▶ What the task asks
From the entries below, copy each line in which the word "Type" occurs.

Saved data entries:

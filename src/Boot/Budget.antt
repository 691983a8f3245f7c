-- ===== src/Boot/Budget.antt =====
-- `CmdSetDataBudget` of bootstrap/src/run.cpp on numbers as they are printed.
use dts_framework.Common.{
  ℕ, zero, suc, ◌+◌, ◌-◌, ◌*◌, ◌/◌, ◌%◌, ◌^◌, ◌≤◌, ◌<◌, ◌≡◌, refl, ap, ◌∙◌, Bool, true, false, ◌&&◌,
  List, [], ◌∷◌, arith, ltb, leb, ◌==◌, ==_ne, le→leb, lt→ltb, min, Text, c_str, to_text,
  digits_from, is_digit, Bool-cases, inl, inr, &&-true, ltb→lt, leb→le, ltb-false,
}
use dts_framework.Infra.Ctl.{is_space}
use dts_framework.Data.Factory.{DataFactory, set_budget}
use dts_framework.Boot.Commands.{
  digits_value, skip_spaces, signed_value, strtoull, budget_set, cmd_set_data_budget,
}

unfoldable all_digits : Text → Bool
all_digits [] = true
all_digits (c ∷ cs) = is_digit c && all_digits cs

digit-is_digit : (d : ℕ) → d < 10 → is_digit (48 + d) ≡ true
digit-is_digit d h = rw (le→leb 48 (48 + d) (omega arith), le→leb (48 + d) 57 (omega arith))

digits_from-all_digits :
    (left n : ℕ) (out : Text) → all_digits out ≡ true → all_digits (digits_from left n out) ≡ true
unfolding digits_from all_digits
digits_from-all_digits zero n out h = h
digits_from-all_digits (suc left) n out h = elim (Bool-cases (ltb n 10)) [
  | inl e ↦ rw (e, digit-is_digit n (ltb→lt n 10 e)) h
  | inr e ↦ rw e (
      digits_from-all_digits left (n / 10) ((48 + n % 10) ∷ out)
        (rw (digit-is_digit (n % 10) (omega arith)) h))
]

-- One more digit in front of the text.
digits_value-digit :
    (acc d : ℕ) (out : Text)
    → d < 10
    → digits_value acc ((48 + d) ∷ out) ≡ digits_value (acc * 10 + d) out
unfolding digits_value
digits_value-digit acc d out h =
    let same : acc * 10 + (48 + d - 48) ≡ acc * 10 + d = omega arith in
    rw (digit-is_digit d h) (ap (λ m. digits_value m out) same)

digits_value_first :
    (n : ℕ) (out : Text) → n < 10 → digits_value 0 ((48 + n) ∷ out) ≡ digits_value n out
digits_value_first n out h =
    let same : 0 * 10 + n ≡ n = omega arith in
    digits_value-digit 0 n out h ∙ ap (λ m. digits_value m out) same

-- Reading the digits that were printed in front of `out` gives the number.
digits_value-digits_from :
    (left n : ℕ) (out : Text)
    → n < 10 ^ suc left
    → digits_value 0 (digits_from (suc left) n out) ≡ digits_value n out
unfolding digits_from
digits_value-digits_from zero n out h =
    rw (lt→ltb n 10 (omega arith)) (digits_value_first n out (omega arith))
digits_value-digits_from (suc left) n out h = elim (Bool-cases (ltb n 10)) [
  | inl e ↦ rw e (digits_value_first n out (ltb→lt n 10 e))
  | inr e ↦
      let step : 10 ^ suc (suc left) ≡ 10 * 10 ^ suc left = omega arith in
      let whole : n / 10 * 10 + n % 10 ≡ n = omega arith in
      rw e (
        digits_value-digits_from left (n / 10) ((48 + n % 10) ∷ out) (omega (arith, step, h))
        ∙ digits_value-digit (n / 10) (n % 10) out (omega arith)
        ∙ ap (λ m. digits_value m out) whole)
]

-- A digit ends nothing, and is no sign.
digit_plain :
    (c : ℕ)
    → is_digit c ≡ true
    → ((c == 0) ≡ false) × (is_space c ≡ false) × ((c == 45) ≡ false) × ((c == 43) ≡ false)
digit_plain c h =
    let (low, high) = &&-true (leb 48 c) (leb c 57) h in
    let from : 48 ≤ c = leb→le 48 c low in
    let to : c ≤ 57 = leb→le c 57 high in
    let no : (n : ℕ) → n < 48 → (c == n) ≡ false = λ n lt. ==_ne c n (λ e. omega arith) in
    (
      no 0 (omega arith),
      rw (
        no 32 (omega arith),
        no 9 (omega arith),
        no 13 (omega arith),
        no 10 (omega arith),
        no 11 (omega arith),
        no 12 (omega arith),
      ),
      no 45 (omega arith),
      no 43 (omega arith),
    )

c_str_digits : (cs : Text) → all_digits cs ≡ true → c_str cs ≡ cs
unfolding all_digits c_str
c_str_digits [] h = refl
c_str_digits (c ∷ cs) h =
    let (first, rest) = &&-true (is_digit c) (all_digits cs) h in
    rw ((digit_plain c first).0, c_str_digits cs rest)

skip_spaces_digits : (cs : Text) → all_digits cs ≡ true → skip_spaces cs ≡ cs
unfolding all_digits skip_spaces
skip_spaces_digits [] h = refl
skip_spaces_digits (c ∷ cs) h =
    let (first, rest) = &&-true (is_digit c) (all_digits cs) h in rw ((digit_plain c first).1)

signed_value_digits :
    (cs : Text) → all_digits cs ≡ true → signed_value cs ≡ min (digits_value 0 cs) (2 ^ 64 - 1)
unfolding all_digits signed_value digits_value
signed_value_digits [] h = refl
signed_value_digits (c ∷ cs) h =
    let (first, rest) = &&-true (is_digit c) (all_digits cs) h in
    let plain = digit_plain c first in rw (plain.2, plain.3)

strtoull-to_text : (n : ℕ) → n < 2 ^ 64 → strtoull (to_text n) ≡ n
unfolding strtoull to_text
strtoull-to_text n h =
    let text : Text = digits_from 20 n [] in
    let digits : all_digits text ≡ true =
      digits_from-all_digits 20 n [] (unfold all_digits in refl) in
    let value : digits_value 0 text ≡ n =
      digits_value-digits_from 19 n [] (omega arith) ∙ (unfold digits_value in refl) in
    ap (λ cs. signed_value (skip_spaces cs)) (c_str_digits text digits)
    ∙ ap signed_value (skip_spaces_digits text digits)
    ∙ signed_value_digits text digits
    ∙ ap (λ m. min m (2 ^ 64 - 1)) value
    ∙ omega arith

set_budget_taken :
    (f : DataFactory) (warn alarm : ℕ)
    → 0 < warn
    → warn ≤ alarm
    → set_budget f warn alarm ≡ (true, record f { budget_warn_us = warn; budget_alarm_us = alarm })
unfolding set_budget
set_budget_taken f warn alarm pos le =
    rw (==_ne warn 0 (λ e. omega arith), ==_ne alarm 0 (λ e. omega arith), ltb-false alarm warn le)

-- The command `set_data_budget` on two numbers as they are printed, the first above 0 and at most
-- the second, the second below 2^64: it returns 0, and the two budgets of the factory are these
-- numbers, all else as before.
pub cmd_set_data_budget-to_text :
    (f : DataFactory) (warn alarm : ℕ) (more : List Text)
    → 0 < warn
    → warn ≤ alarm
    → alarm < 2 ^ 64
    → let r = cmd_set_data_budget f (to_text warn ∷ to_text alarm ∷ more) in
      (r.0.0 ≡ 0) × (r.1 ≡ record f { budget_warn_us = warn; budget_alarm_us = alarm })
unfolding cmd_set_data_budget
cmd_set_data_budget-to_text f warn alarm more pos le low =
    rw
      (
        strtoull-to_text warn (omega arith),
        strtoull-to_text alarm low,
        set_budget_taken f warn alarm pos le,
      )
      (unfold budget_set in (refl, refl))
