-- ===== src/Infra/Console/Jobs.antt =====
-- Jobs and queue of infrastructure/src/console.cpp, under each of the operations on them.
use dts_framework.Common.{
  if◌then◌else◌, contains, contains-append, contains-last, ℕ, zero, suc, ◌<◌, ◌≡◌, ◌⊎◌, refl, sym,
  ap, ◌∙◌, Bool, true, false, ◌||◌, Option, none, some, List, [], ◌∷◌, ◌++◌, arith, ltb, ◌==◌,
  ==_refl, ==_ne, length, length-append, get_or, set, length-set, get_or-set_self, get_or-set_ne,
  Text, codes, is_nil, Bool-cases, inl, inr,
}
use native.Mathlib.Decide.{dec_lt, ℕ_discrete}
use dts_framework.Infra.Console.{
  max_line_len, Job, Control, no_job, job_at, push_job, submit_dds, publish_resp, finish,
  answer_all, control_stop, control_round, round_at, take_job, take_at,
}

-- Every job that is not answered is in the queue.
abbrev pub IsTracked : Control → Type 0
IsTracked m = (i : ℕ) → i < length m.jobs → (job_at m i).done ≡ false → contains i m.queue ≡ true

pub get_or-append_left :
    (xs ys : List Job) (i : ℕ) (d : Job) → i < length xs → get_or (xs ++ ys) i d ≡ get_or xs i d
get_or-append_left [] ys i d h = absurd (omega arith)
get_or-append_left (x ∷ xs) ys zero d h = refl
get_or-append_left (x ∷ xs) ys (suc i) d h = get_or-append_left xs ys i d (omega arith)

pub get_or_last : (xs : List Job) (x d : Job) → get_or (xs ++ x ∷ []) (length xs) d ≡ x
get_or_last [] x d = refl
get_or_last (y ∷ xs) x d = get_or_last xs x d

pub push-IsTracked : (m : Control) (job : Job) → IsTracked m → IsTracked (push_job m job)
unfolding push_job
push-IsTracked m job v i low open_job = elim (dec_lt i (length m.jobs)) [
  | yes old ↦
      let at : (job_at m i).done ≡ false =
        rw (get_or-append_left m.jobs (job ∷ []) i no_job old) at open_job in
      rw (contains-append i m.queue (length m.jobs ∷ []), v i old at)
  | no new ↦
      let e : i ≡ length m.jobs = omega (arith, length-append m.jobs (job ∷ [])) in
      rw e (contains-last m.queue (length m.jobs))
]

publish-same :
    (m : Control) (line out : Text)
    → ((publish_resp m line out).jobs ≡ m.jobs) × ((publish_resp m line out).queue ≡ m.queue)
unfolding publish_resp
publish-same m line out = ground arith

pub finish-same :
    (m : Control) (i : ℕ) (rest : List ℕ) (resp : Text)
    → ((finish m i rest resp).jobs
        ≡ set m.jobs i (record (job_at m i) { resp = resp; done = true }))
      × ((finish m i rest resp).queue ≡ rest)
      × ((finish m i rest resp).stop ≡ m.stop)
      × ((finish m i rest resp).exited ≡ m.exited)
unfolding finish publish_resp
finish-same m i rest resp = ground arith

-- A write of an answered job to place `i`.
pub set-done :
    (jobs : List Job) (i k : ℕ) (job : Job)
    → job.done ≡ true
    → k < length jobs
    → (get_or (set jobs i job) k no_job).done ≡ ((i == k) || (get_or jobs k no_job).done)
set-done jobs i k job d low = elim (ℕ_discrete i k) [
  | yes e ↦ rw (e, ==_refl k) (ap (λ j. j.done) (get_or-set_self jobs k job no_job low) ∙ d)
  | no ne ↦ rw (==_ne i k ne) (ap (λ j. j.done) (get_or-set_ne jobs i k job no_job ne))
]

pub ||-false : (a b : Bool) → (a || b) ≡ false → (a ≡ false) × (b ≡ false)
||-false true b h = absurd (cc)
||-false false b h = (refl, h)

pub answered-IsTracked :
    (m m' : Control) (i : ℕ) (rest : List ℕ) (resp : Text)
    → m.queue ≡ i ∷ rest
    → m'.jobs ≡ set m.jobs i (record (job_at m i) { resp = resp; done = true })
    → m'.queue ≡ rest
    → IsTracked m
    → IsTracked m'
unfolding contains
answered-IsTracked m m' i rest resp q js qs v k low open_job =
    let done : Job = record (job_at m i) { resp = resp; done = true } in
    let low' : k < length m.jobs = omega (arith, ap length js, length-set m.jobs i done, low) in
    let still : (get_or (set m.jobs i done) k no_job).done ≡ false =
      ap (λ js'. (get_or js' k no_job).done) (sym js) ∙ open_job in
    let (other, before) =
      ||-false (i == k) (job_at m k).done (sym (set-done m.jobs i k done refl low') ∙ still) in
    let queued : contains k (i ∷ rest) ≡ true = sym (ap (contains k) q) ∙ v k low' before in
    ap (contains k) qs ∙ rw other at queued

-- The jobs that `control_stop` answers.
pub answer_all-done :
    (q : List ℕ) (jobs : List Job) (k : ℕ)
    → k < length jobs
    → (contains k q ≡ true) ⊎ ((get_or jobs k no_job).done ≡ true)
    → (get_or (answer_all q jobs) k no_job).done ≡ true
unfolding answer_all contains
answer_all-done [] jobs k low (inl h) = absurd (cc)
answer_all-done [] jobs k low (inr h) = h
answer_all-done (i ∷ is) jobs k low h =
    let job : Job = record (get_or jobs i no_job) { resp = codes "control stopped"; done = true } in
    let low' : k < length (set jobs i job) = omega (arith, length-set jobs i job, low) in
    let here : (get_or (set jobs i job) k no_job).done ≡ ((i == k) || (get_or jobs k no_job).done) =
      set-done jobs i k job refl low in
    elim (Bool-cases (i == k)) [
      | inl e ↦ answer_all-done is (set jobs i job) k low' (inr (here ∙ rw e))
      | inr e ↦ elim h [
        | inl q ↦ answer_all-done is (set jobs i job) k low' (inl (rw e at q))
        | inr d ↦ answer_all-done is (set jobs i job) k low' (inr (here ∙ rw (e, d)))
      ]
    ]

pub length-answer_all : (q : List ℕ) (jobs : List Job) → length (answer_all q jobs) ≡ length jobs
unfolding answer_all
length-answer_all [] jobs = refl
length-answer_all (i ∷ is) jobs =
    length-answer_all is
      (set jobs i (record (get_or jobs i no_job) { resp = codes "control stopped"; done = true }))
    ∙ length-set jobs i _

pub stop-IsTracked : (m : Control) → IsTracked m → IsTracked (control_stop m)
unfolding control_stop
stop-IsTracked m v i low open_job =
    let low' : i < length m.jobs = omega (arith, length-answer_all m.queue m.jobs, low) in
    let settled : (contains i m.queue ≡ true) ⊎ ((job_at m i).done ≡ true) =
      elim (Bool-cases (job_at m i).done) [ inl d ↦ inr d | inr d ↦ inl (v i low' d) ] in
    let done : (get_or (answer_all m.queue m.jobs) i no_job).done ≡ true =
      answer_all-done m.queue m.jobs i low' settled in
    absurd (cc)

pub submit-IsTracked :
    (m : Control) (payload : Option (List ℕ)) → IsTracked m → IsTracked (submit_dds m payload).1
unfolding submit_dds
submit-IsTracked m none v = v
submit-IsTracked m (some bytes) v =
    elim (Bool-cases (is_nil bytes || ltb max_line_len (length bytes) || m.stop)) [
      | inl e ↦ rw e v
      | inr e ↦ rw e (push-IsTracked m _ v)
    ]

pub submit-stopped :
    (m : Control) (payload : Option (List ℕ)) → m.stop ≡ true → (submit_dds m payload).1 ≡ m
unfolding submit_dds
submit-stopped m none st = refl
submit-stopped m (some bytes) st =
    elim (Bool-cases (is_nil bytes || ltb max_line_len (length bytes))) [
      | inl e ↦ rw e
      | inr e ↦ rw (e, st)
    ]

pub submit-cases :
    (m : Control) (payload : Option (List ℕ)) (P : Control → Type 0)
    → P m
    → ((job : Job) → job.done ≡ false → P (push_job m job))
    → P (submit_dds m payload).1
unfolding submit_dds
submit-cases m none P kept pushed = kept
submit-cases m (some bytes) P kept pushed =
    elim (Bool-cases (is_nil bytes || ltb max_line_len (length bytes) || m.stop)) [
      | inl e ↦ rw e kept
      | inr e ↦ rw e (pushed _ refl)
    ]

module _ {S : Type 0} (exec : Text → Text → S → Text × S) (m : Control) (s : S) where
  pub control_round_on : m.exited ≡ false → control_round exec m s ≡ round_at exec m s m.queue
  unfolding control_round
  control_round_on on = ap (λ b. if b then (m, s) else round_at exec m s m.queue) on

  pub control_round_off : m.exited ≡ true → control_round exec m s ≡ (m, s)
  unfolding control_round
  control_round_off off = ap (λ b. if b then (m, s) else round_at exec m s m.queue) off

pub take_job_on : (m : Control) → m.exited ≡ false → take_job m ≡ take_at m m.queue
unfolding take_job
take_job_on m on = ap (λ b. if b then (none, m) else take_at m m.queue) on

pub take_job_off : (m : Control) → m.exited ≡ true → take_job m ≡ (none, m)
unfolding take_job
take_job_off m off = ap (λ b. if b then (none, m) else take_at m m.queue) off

▶ Solution to this task
abbrev pub IsTracked : Control → Type 0
    (m : Control) (payload : Option (List ℕ)) (P : Control → Type 0)
module _ {S : Type 0} (exec : Text → Text → S → Text × S) (m : Control) (s : S) where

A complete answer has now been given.